C’est donc en violation de la loi 2015-992 que les CGV d’EDF/ERDF imposent une clause visant à obtenir un consentement sous une forme de contrainte.

Si le client signe ce contrat et donne cet accord, il le donne sous la contrainte car on ne lui offre pas le choix de refuser. 

De plus, il y a bien une manœuvre visant de manière détournée à limiter le droit à la vie privée, en obtenant de manière insidieuse un accord qui n'est pas librement consenti. Le dol est caractérisé par le fait que le cocontractant n’est pas mis en mesure de comprendre les enjeux inhérents à cet accord sous contrainte.

Or, les compteurs LINKY enregistrent des informations ultra-précises quant à l’usage qui est fait de l'électricité (appareils en fonction, heure, durée d’utilisation, etc.).

Cet article des CGV d’EDF/ERDF enfreint incontestablement l’article 8 de la CEDH car le motif de la restriction de liberté ainsi obtenue ne figure pas dans les exceptions mentionnées dans l’article 8 de la CEDH.

Il y a là, indubitablement, violation de l’article 18 de la CEDH :

« ARTICLE 18
« Limitation de l’usage des restrictions aux droits

« Les restrictions qui, aux termes de la présente Convention, sont apportées aux dits droits et libertés ne peuvent être appliquées que dans le but pour lequel elles ont été prévues. »

Et pour défendre les intérêts contre toutes les atteintes à la CEDH, il y ces articles :

« ARTICLE 13
« Droit à un recours effectif

« Toute personne dont les droits et libertés reconnus dans la présente Convention ont été violés, a droit à l’octroi d’un recours effectif devant une instance nationale, alors même que la violation aurait été commise par des personnes agissant dans l’exercice de leurs fonctions officielles. »

« ARTICLE 34
« Requêtes individuelles

« La Cour peut être saisie d’une requête par toute personne physique, toute organisation non gouvernementale ou tout groupe de particuliers qui se prétend victime d’une violation par l’une des Hautes Parties contractantes des droits reconnus dans la Convention ou ses protocoles. Les Hautes Parties contractantes s’engagent à n’entraver par aucune mesure l’exercice efficace de ce droit. »

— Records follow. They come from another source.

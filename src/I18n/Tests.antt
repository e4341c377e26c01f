-- ===== src/I18n/Tests.antt =====
-- The languages, and the choice of one.
use adms_server.Common.{String, ◌≡◌, Option, none, map}
use adms_server.Api.Request.{done, failed}
use adms_server.I18n.Locale.{Locale}
use adms_server.I18n.Translations.{texts}
use adms_server.I18n.Language.{Language, translations_map, set_locale, load}
use adms_server.I18n.Language.Laws.{placeholders, placeholders-eq, locale_roundtrip}

placeholders-eq_example :
    map placeholders (texts (translations_map Locale.th))
    ≡ map placeholders (texts (translations_map Locale.en))
placeholders-eq_example = placeholders-eq Locale.th Locale.en

abbrev fresh : Language
fresh = record { locale = Locale.th; storage = done none }

locale_roundtrip_example :
    ((set_locale Locale.en fresh).locale ≡ Locale.en)
    × ((v : Option String)
        → fresh.storage ≡ done v
        → (load (set_locale Locale.en fresh).storage).locale ≡ Locale.en)
    × ((m : String)
        → fresh.storage ≡ failed m
        → (load (set_locale Locale.en fresh).storage).locale ≡ Locale.th)
locale_roundtrip_example = locale_roundtrip Locale.en fresh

Une jurisprudence existante a déjà été émise par la CEDH au sujet des compteurs communicants aux Pays-Bas, entraînant la non obligation d’accepter les compteurs communicants dans ce pays (voir infra p. 68-70). 
Chaque client final français peut d’ores et déjà s’en prévaloir à l’encontre d’EDF/ERDF.


CRA / Contrairement au risque d’incendie ou de troubles sanitaires, le risque d’atteinte à la vie privée lié aux systèmes de comptage évolués a très tôt été pointé du doigt (cf. à cet égard la recommandation n°2012/148/UE de la Commission européenne du 9 mars 2012 relative à la préparation de l’introduction des systèmes intelligents de mesure ou encore la délibération de la CNIL n°2012-404 du 15 novembre 2012 portant recommandation relative aux traitements des données de consommation détaillées collectées par les compteurs communicants). 
Le législateur a alors adopté des mesures visant à encadrer la communication des données personnelles et assurer leur confidentialité (cf. art. 9 de la directive 2012/27/UE ; art. R. 341-4 et R. 341-5 du Code de l’énergie). 
Dès lors, outre le fait que le risque d’atteinte à la vie privée ne figure pas parmi les risques protégés par le principe de précaution en l’absence de tout « relais » environnemental, il ne saurait a priori être reproché aux autorités publiques de ne pas avoir entrepris les actions nécessaires aux fins d’éviter la réalisation du dommage.

Commentaire :
Si l'abonné ne peut se prévaloir du trouble de voisinage ou du principe de précaution pour refuser l’installation d’un compteur Linky ou pour le faire enlever, il peut en revanche se prévaloir de la Convention européenne des droits de l'homme sur le fait que la signature de son contrat avec EDF/ERDF assujettit son accord concernant diffusion de ses données : s'il ne le donne pas, il s’expose à la rupture de son contrat et à la cessation de la fourniture d’électricité. Il s’agit d’un accord contraint (voir supra p. 66-68).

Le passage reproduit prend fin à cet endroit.